For additional information on refrigerant recovery, contact:
Cory Carter
Refrigerant compliance coordinator
Bureau of Air Management
608-789-5512

Refrigerant recovery program

In 1990, Wisconsin enacted laws to prohibit the release of certain refrigerants that destroy the earth's stratospheric ozone layer, which protects life from the sun's harmful ultraviolet rays. Since that time, other damaging refrigerants have been added to these regulations.

As refrigeration and air-conditioning equipment is being serviced or disposed, these chemicals must be properly recovered using approved equipment operated by qualified technicians.

Overview

Overview

The Department of Natural Resources (DNR) regulates those who transport or salvage any type of refrigeration or air-conditioning equipment containing the regulated refrigerants.

Affected facilities include vehicle and appliance salvage operations; scrap metal processors; Heating, Ventilation and Air Conditioning (HVAC) businesses that retire refrigeration and air conditioning systems; demolition contractors for air conditioners or other equipment; and waste haulers and others who collect discarded refrigerated appliances.

The Department of Agriculture, Trade and Consumer Protection (DATCP) [exit DNR] regulates anyone who services vehicle air-conditioners and refrigerated transport under Ch. ATP 136, Wis. Adm. Code.

Summary of DNR refrigerant regulations

Under DNR regulations (Chapter NR 488, Wis. Adm. Code) [exit DNR], regulated refrigerants – CFCs, HCFCs, HFCs, PFCs and blends – cannot be released to the environment when salvaging or dismantling whole units of any type of refrigeration or air-conditioning equipment. They must be properly recovered, using approved equipment operated by qualified technicians. The facility recovering these refrigerants must be registered with the DNR, keep records of their recovery activities and supply documentation that the refrigerants were properly removed to whomever receives the scrapped equipment. Anyone hauling equipment that is to be salvaged and still may contain refrigerants must annually certify "Safe Transport" to the DNR.

Related sites

Registration

Registration

Any private or public entity responsible for recovering regulated refrigerants from any type of equipment being salvaged must register annually with the DNR. Typical registrants include public and private vehicle and appliance salvagers, HVAC companies, and those who perform their own in-house refrigerant work when that work includes recovering regulated refrigerants from salvaged equipment.

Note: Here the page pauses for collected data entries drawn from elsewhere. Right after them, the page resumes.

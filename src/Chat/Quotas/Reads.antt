-- ===== src/Chat/Quotas/Reads.antt =====
-- Histories of the quota indicator: turns that end, panels that open, workspaces that change, and the
-- answers to all reads, in any order.
pub mod Kept
use gx_notion2api.Prelude.{
  ℕ, ◌+◌, ◌≤◌, ◌≡◌, refl, Bool, true, false, not, ◌&&◌, Option, none, some, List, [], ◌∷◌, Text,
  All, if◌then◌else◌, leb, nat_eq, is_present, arith, Bool-cases, inl, inr,
}
use gx_notion2api.Types.Usage.{AiUsageReport}
use gx_notion2api.Chat.Targets.{ChatTarget}
use gx_notion2api.Chat.Quotas.{
  quota_force_min_interval_ms, QuotaState, load_quota_rows, quota_rows_came, quota_rows_failed,
  mark_forced, refresh_quota, toggle_quota, QuotaRead, run_quota_effect, declined, quota_came,
  quota_failed, is_none,
}

-- `sent` are all reads that were sent. `marks` are the times of the turns and clicks that moved
-- `quota_forced_at`, since a forced read was last declined, and `granted` counts all of them.
pub record System : Type 0 where
  pub panel : QuotaState
  pub sent : List QuotaRead
  pub marks : List ℕ
  pub granted : ℕ

abbrev pub is_moved : QuotaState → QuotaState → Bool
is_moved before after = not (nat_eq after.quota_forced_at before.quota_forced_at)

-- After a turn or a click at the time `now`
abbrev pub clicked : ℕ → QuotaState → System → System
clicked now after s = record {
  panel = after;
  sent = s.sent;
  marks = if is_moved s.panel after then now ∷ s.marks else s.marks;
  granted = if is_moved s.panel after then s.granted + 1 else s.granted;
}

abbrev pub and_sent : Option QuotaRead → List QuotaRead → List QuotaRead
and_sent none sent = sent
and_sent (some read) sent = read ∷ sent

pub data IsSent (read : QuotaRead) : List QuotaRead → Type 0 where
  newest : {sent : List QuotaRead} → IsSent read (read ∷ sent)
  older :
      {sent : List QuotaRead} {other : QuotaRead} → IsSent read sent → IsSent read (other ∷ sent)

-- The server declined the forced read of the present run: it answered from its cache.
abbrev pub unmarked : QuotaRead → AiUsageReport → QuotaState → List ℕ → List ℕ
unmarked read report s marks =
    if nat_eq read.number s.run && (read.force && report.cached) then [] else marks

abbrev pub one_if : Bool → ℕ
one_if true = 1
one_if false = 0

abbrev pub forced_count : List QuotaRead → ℕ
forced_count [] = 0
forced_count (read ∷ reads) = one_if read.force + forced_count reads

-- `Answers` says what the server may answer to a read.
module _ (Answers : QuotaRead → AiUsageReport → Type 0) where
  pub data Step (s : System) : System → Type 0 where
    refreshes :
        (now : ℕ) (target : Option ChatTarget)
        → Step s (clicked now (refresh_quota now target s.panel) s)
    toggles :
        (target : Option ChatTarget) → Step s (record s { panel = toggle_quota target s.panel })
    renders :
        (visible : Bool) (target : Option ChatTarget)
        → Step s (record s {
          panel = (run_quota_effect visible target s.panel).0;
          sent = and_sent (run_quota_effect visible target s.panel).1 s.sent;
        })
    comes :
        (read : QuotaRead) (report : AiUsageReport)
        → IsSent read s.sent
        → Answers read report
        → Step s (record s {
          panel = quota_came read report s.panel;
          marks = unmarked read report s.panel s.marks;
        })
    fails :
        (read : QuotaRead) (cause : Option Text)
        → IsSent read s.sent
        → Step s (record s { panel = quota_failed read cause s.panel })
    rows_come :
        (targets : List ChatTarget) (accounts : List AiUsageReport)
        → Step s (record s { panel = quota_rows_came targets accounts s.panel })
    rows_fail :
        (cause : Option Text) → Step s (record s { panel = quota_rows_failed cause s.panel })

  pub data Reach (s : System) : System → Type 0 where
    here : Reach s s
    next : {t u : System} → Reach s t → Step t u → Reach s u

  -- The report was answered to a read for that key.
  abbrev pub IsFrom : Text → Option AiUsageReport → Type 0
  IsFrom key none = Unit
  IsFrom key (some report) = (read : QuotaRead) × (read.key ≡ key) × Answers read report

  -- Each time is at least the interval after the one before it.
  abbrev pub AreSpaced : List ℕ → Type 0
  AreSpaced [] = Unit
  AreSpaced (t ∷ []) = Unit
  AreSpaced (t ∷ u ∷ ts) = (u + quota_force_min_interval_ms ≤ t) × AreSpaced (u ∷ ts)

  abbrev pub IsNewest : ℕ → List ℕ → Type 0
  IsNewest forced_at [] = Unit
  IsNewest forced_at (t ∷ ts) = t ≡ forced_at

  pub record IsSound (s : System) : Type 0 where
    pub from : IsFrom s.panel.quota_key s.panel.quota
    pub newest : IsNewest s.panel.quota_forced_at s.marks
    pub spaced : AreSpaced s.marks
    pub counted : forced_count s.sent + one_if s.panel.quota_force_next ≤ s.granted

-- What a read ends with
pub data QuotaAnswer : Type 0 where
  reported : AiUsageReport → QuotaAnswer
  refused : Option Text → QuotaAnswer

abbrev pub quota_ended : QuotaRead → QuotaAnswer → QuotaState → QuotaState
quota_ended read (reported report) s = quota_came read report s
quota_ended read (refused cause) s = quota_failed read cause s

-- The reads and what they end with, in the order in which they end
abbrev pub all_came : List (QuotaRead × QuotaAnswer) → QuotaState → QuotaState
all_came [] s = s
all_came ((read, answer) ∷ answers) s = all_came answers (quota_ended read answer s)

late_end :
    (read : QuotaRead) (answer : QuotaAnswer) (s : QuotaState)
    → nat_eq read.number s.run ≡ false
    → quota_ended read answer s ≡ s
unfolding quota_came quota_failed
late_end read (reported report) s late = rw late refl
late_end read (refused cause) s late = rw late refl

late_came :
    (s : QuotaState) (answers : List (QuotaRead × QuotaAnswer)) (n : ℕ)
    → s.run ≡ n + 1
    → All (λ answer. answer.0.number ≤ n) answers
    → all_came answers s ≡ s
late_came s [] n e h = refl
late_came s ((read, answer) ∷ answers) n e (le, h) =
    let late : nat_eq read.number s.run ≡ false = ground (arith, e, le) in
    rw (late_end read answer s late) (late_came s answers n e h)

-- Once no workspace is effective, a read that is still awaited never ends its loading: whatever reports
-- and failures come to the reads asked before, in whatever order, the indicator stays as the effect
-- left it, without a report, and loading if it was.
pub all_came-run_quota_effect :
    (visible : Bool) (s : QuotaState) (answers : List (QuotaRead × QuotaAnswer))
    → All (λ answer. answer.0.number ≤ s.run) answers
    → (all_came answers (run_quota_effect visible none s).0 ≡ (run_quota_effect visible none s).0)
      × ((run_quota_effect visible none s).0.quota ≡ none)
      × ((run_quota_effect visible none s).0.quota_loading ≡ s.quota_loading)
unfolding run_quota_effect
all_came-run_quota_effect visible s answers h =
    (late_came (run_quota_effect visible none s).0 answers s.run refl h, refl, refl)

You can register by completing Form 4500-129, Registration to Salvage or Dismantle Refrigeration Equipment [PDF]. You must provide information on the type of equipment you will salvage, your certified technicians and your recovery equipment, as well as submit the proper fee.

The annual registration fee is $250 for salvage operations. To service vehicle air conditioners, the fee is $125 if the facility is already registered with the Wisconsin Department of Agriculture, Trade and Consumer Protection, or $125 to service stationary equipment if the facility is already registered with the Department of Safety and Professional Services.

Complete Subcontractor Information (Form 4500-129a) [PDF] if you have arranged for another entity to recover refrigerants under your registration. Also see FAQ #8.

Registration forms

Complete, sign and send in these forms with the proper fee to this address:

Refrigerant Recovery Program
Wisconsin DNR, AM/7
PO Box 7921
Madison WI 53707-7921

If your registration form is complete and the appropriate fee submitted, the DNR will approve it within 10 days and you will receive a certificate of registration.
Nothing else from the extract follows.